When attempting to solve a problem, we use either an algorithm that guarantees us a correct answer or heuristics that may lead to a quick solution or possibly to no solution. We prefer to use heuristics because they are less time-consuming. In addition, we may not know the appropriate algorithm for a problem or one may not even exist. Sometimes heuristics can lead to errors. A good example is the anchoring and adjustment heuristic for making estimates. The error in this case stems from our failure to adjust our initial anchor sufficiently.

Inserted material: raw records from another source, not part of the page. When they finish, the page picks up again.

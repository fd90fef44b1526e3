-- ===== src/Mint/Nonces.antt =====
-- No note is spent twice: the nonces that picomint-node-daemon/src/consensus/ecash/mod.rs keeps.
use picomint.Prelude.{
  ℕ, ◌+◌, ◌≤◌, ◌≡◌, Bool, true, false, some, List, [], ◌∷◌, arith, sym, ◌∙◌, ap, inl, inr,
  Option-cases, >>=-eq-some, ◌==◌, if◌then◌else◌,
}
use mathlib.Core.Path.{subst}
use picomint.Collections.BTreeMap
use picomint.Collections.BTreeSet
use picomint.Collections.PairMap
use picomint.Mint.Amounts.{checked_add}
use picomint.Mint.Ledger.{
  EcashInput, EcashOutput, LightningInput, outgoing_input, incoming_input, claim, cancel,
  LightningOutput, outgoing_output, incoming_output, Scheme, Keys, OutPoint, Ledger, ok,
}
use picomint.Mint.Ecash.{process_ecash_input, process_ecash_output}
use picomint.Mint.Lightning.{open_outgoing, process_lightning_input, process_lightning_output}
use picomint.Mint.Server.{
  WireInput, ecash_input, onchain_input, lightning_input, WireOutput, ecash_output, onchain_output,
  lightning_output, Transaction, Onchain, Books, process_input, process_output, process_tx,
}
use picomint.Mint.Balance.{Result-cases, Spends, Makes, process_tx-Accepted}

-- Whether the nonce is that of an input.
abbrev pub is_note : {I : Type 0} → ℕ → WireInput I → Bool
is_note nonce (ecash_input i) = i.note.nonce == nonce
is_note nonce (onchain_input i) = false
is_note nonce (lightning_input i) = false

abbrev pub has_note : {I : Type 0} → ℕ → List (WireInput I) → Bool
has_note nonce [] = false
has_note nonce (i ∷ inputs) = if is_note nonce i then true else has_note nonce inputs

open_outgoing-nonces :
    (scheme : Scheme) (l : Ledger) (p : OutPoint) (c : _) (w : _) (pk : ℕ) (l' : Ledger)
    → open_outgoing scheme l p c w ≡ ok (pk, l')
    → l'.note_nonces ≡ l.note_nonces
unfolding open_outgoing
open_outgoing-nonces scheme l p c (claim preimage) pk l' h = ground arith
open_outgoing-nonces scheme l p c (cancel signature) pk l' h = ground arith

lightning_input-nonces :
    (scheme : Scheme) (l : Ledger) (i : LightningInput) (r : ℕ × ℕ) (l' : Ledger)
    → process_lightning_input scheme l i ≡ some (ok (r, l'))
    → l'.note_nonces ≡ l.note_nonces
unfolding process_lightning_input
lightning_input-nonces scheme l (outgoing_input p w) r l' h =
    elim (Option-cases (PairMap.get p.0 p.1 l.outgoing)) [
      | inl gone ↦ absurd (ground arith)
      | inr (c, there) ↦
          let rest : Ledger = record l { outgoing = PairMap.remove p.0 p.1 l.outgoing } in
          elim (Result-cases (open_outgoing scheme rest p c w)) [
            | inl (e, bad) ↦ absurd (ground arith)
            | inr ((pk, x), good) ↦
                let same = open_outgoing-nonces scheme rest p c w pk x good in
                elim (Option-cases (checked_add c.amount c.fee)) [
                  | inl over ↦ absurd (ground arith)
                  | inr (a, fits) ↦ ground arith
                ]
          ]
    ]
lightning_input-nonces scheme l (incoming_input p) r l' h = ground arith

lightning_output-nonces :
    (scheme : Scheme) (l : Ledger) (o : LightningOutput) (p : OutPoint) (a : ℕ) (l' : Ledger)
    → process_lightning_output scheme l o p ≡ ok (a, l')
    → l'.note_nonces ≡ l.note_nonces
unfolding process_lightning_output
lightning_output-nonces scheme l (outgoing_output c) p a l' h = ground arith
lightning_output-nonces scheme l (incoming_output c) p a l' h = ground arith

-- 1 if the nonce is spent.
abbrev pub held : ℕ → Ledger → ℕ
held nonce l = if BTreeSet.contains nonce l.note_nonces then 1 else 0

abbrev pub use_of : {I : Type 0} → ℕ → WireInput I → ℕ
use_of nonce i = if is_note nonce i then 1 else 0

-- How often inputs spend the note of a nonce.
abbrev pub uses : {I : Type 0} → ℕ → List (WireInput I) → ℕ
uses nonce [] = 0
uses nonce (i ∷ inputs) = use_of nonce i + uses nonce inputs

ecash_input-held :
    (scheme : Scheme) (keys : Keys) (nonce : ℕ) (l : Ledger) (i : EcashInput) (r : ℕ × ℕ)
    (l' : Ledger)
    → process_ecash_input scheme keys l i ≡ ok (r, l')
    → (if i.note.nonce == nonce then 1 else 0) + held nonce l ≡ held nonce l'
unfolding process_ecash_input
ecash_input-held scheme keys nonce l i r l' h =
    elim (Option-cases (BTreeMap.get i.note.denomination keys.tbs_agg_pks)) [
      | inl unknown ↦ absurd (ground arith)
      | inr (pk, known) ↦
          let set : BTreeSet.insert i.note.nonce l.note_nonces ≡ l'.note_nonces = ground arith in
          rw (← set, BTreeSet.contains-insert i.note.nonce nonce l.note_nonces) (ground arith)
    ]

ecash_output-nonces :
    (scheme : Scheme) (keys : Keys) (l : Ledger) (o : EcashOutput) (p : OutPoint) (a : ℕ)
    (l' : Ledger)
    → process_ecash_output scheme keys l o p ≡ ok (a, l')
    → l'.note_nonces ≡ l.note_nonces
unfolding process_ecash_output
ecash_output-nonces scheme keys l o p a l' h = ground arith

module _ {S I O : Type 0} (scheme : Scheme) (keys : Keys) (onchain : Onchain S I O)
    (txid_of : List (WireInput I) → List (WireOutput O) → ℕ) (nonce : ℕ) where
  input-held :
      (b : Books S) (i : WireInput I) (r : ℕ × ℕ) (x : Books S)
      → process_input scheme keys onchain txid_of b i ≡ some (ok (r, x))
      → use_of nonce i + held nonce b.ledger ≡ held nonce x.ledger
  unfolding process_input
  input-held b (ecash_input i) r x p =
      elim (Result-cases (process_ecash_input scheme keys b.ledger i)) [
        | inl (e, bad) ↦ absurd (ground arith)
        | inr ((s, l), good) ↦
            let same : l ≡ x.ledger = ground arith in
            subst
              (λ (z : Ledger).
                use_of {I = I} nonce (ecash_input i) + held nonce b.ledger ≡ held nonce z)
              same (ecash_input-held scheme keys nonce b.ledger i s l good)
      ]
  input-held b (onchain_input i) r x p = ground arith
  input-held b (lightning_input i) r x p =
      let (s, es, p') = >>=-eq-some (process_lightning_input scheme b.ledger i) _ p in
      elim (Result-cases s) [
        | inl (e, bad) ↦ absurd (ground arith)
        | inr ((t, l), good) ↦
            let same : l ≡ x.ledger = ground arith in
            let kept : l.note_nonces ≡ b.ledger.note_nonces =
              lightning_input-nonces scheme b.ledger i t l (es ∙ ap some good) in
            let level : held nonce b.ledger ≡ held nonce x.ledger =
              subst (λ (z : Ledger). held nonce b.ledger ≡ held nonce z) same
                (ap (λ s. if BTreeSet.contains nonce s then 1 else 0) (sym kept)) in
            omega arith
      ]

  output-held :
      (b : Books S) (o : WireOutput O) (p : OutPoint) (a : ℕ) (x : Books S)
      → process_output scheme keys onchain txid_of b o p ≡ some (ok (a, x))
      → held nonce b.ledger ≡ held nonce x.ledger
  unfolding process_output
  output-held b (ecash_output o) p a x h =
      elim (Result-cases (process_ecash_output scheme keys b.ledger o p)) [
        | inl (e, bad) ↦ absurd (ground arith)
        | inr ((s, l), good) ↦
            let same : l ≡ x.ledger = ground arith in
            let kept = ecash_output-nonces scheme keys b.ledger o p s l good in
            subst (λ (z : Ledger). held nonce b.ledger ≡ held nonce z) same
              (ap (λ s. if BTreeSet.contains nonce s then 1 else 0) (sym kept))
      ]
  output-held b (onchain_output o) p a x h = ground arith
  output-held b (lightning_output o) p a x h =
      elim (Result-cases (process_lightning_output scheme b.ledger o p)) [
        | inl (e, bad) ↦ absurd (ground arith)
        | inr ((s, l), good) ↦
            let same : l ≡ x.ledger = ground arith in
            let kept = lightning_output-nonces scheme b.ledger o p s l good in
            subst (λ (z : Ledger). held nonce b.ledger ≡ held nonce z) same
              (ap (λ s. if BTreeSet.contains nonce s then 1 else 0) (sym kept))
      ]

  Spends-held :
      (inputs : List (WireInput I)) (amounts pks : List ℕ) (b b' : Books S)
      → Spends scheme keys onchain txid_of b inputs amounts pks b'
      → uses nonce inputs + held nonce b.ledger ≡ held nonce b'.ledger
  Spends-held [] [] [] b b' h =
      let same = ap (λ (z : Books S). held nonce z.ledger) h in omega arith
  Spends-held [] [] (pk ∷ pks) b b' h = absurd h
  Spends-held [] (a ∷ amounts) pks b b' h = absurd h
  Spends-held (i ∷ inputs) [] pks b b' h = absurd h
  Spends-held (i ∷ inputs) (a ∷ amounts) [] b b' h = absurd h
  Spends-held (i ∷ inputs) (a ∷ amounts) (pk ∷ pks) b b' (x, one, rest) =
      omega (arith, input-held b i (a, pk) x one, Spends-held inputs amounts pks x b' rest)

  Makes-held :
      (outputs : List (WireOutput O)) (amounts : List ℕ) (txid k : ℕ) (b b' : Books S)
      → Makes scheme keys onchain txid_of b txid k outputs amounts b'
      → held nonce b.ledger ≡ held nonce b'.ledger
  Makes-held [] [] txid k b b' h = ap (λ (z : Books S). held nonce z.ledger) h
  Makes-held [] (a ∷ amounts) txid k b b' h = absurd h
  Makes-held (o ∷ outputs) [] txid k b b' h = absurd h
  Makes-held (o ∷ outputs) (a ∷ amounts) txid k b b' (x, one, rest) =
      output-held b o (txid, k) a x one ∙ Makes-held outputs amounts txid (k + 1) x b' rest

  tx-held :
      (b b' : Books S) (tx : Transaction I O)
      → process_tx scheme keys onchain txid_of b tx ≡ some (ok b')
      → uses nonce tx.inputs + held nonce b.ledger ≡ held nonce b'.ledger
  tx-held b b' tx p =
      let x = process_tx-Accepted scheme keys onchain txid_of b b' tx p in
      omega (
        arith,
        Spends-held tx.inputs x.spent x.keys_wanted b x.between x.spends,
        Makes-held tx.outputs x.made (txid_of tx.inputs tx.outputs) 0 x.between b' x.makes,
      )

  -- Transactions that are accepted one after another.
  abbrev pub Accepts : Books S → List (Transaction I O) → Books S → Type 0
  Accepts b [] b' = b ≡ b'
  Accepts b (tx ∷ txs) b' =
      (x : Books S) × (process_tx scheme keys onchain txid_of b tx ≡ some (ok x)) × Accepts x txs b'

  -- How often transactions spend the note of the nonce.
  abbrev pub spends_of : List (Transaction I O) → ℕ
  spends_of [] = 0
  spends_of (tx ∷ txs) = uses nonce tx.inputs + spends_of txs

  Accepts-held :
      (txs : List (Transaction I O)) (b b' : Books S)
      → Accepts b txs b'
      → spends_of txs + held nonce b.ledger ≡ held nonce b'.ledger
  Accepts-held [] b b' h = let same = ap (λ (z : Books S). held nonce z.ledger) h in omega arith
  Accepts-held (tx ∷ txs) b b' (x, one, rest) =
      omega (arith, tx-held b x tx one, Accepts-held txs x b' rest)

  -- Over all transactions that a mint accepts, one after another, a note is spent at most once, within one
  -- transaction or in several, and not at all if it was spent before the first of them.
  pub Accepts-spend_once :
      (txs : List (Transaction I O)) (b b' : Books S)
      → Accepts b txs b'
      → spends_of txs + held nonce b.ledger ≤ 1
  Accepts-spend_once txs b b' h =
      let total = Accepts-held txs b b' h in
      let last : held nonce b'.ledger ≤ 1 = ground arith in omega arith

The working backward heuristic is especially useful for problems that have many paths going forward from the start state but only one (or a few) going backward from the goal state. Means–ends analysis is a useful heuristic for almost any type of problem. In this heuristic, you move forward by achieving subgoals that continue to reduce the distance between the start state and goal state.
In functional fixedness, we fixate on the normal function of an object given our past experiences with that object. Our past experience with the object may block us from seeing how to use it in a novel way. Similarly, mental set leads us to approach a problem in the same way we have approached similar problems in the past, especially the recent past. We tend to block developing a new approach because our mental set keeps us locked into the old approach based on our past experiences.
We use heuristics rather than algorithms because algorithms tend to be timeconsuming and more difficult to use. Solving anagram puzzles is a good example of a case where we know the algorithm, but we do not use it unless there are only a few letters, because it is too time-consuming and difficult to use.
The anchoring and adjustment heuristic leads to a serious error in estimation when we fail to adjust our initial anchor sufficiently either up or down in magnitude. The paper-folding problem is a good example of such a failure.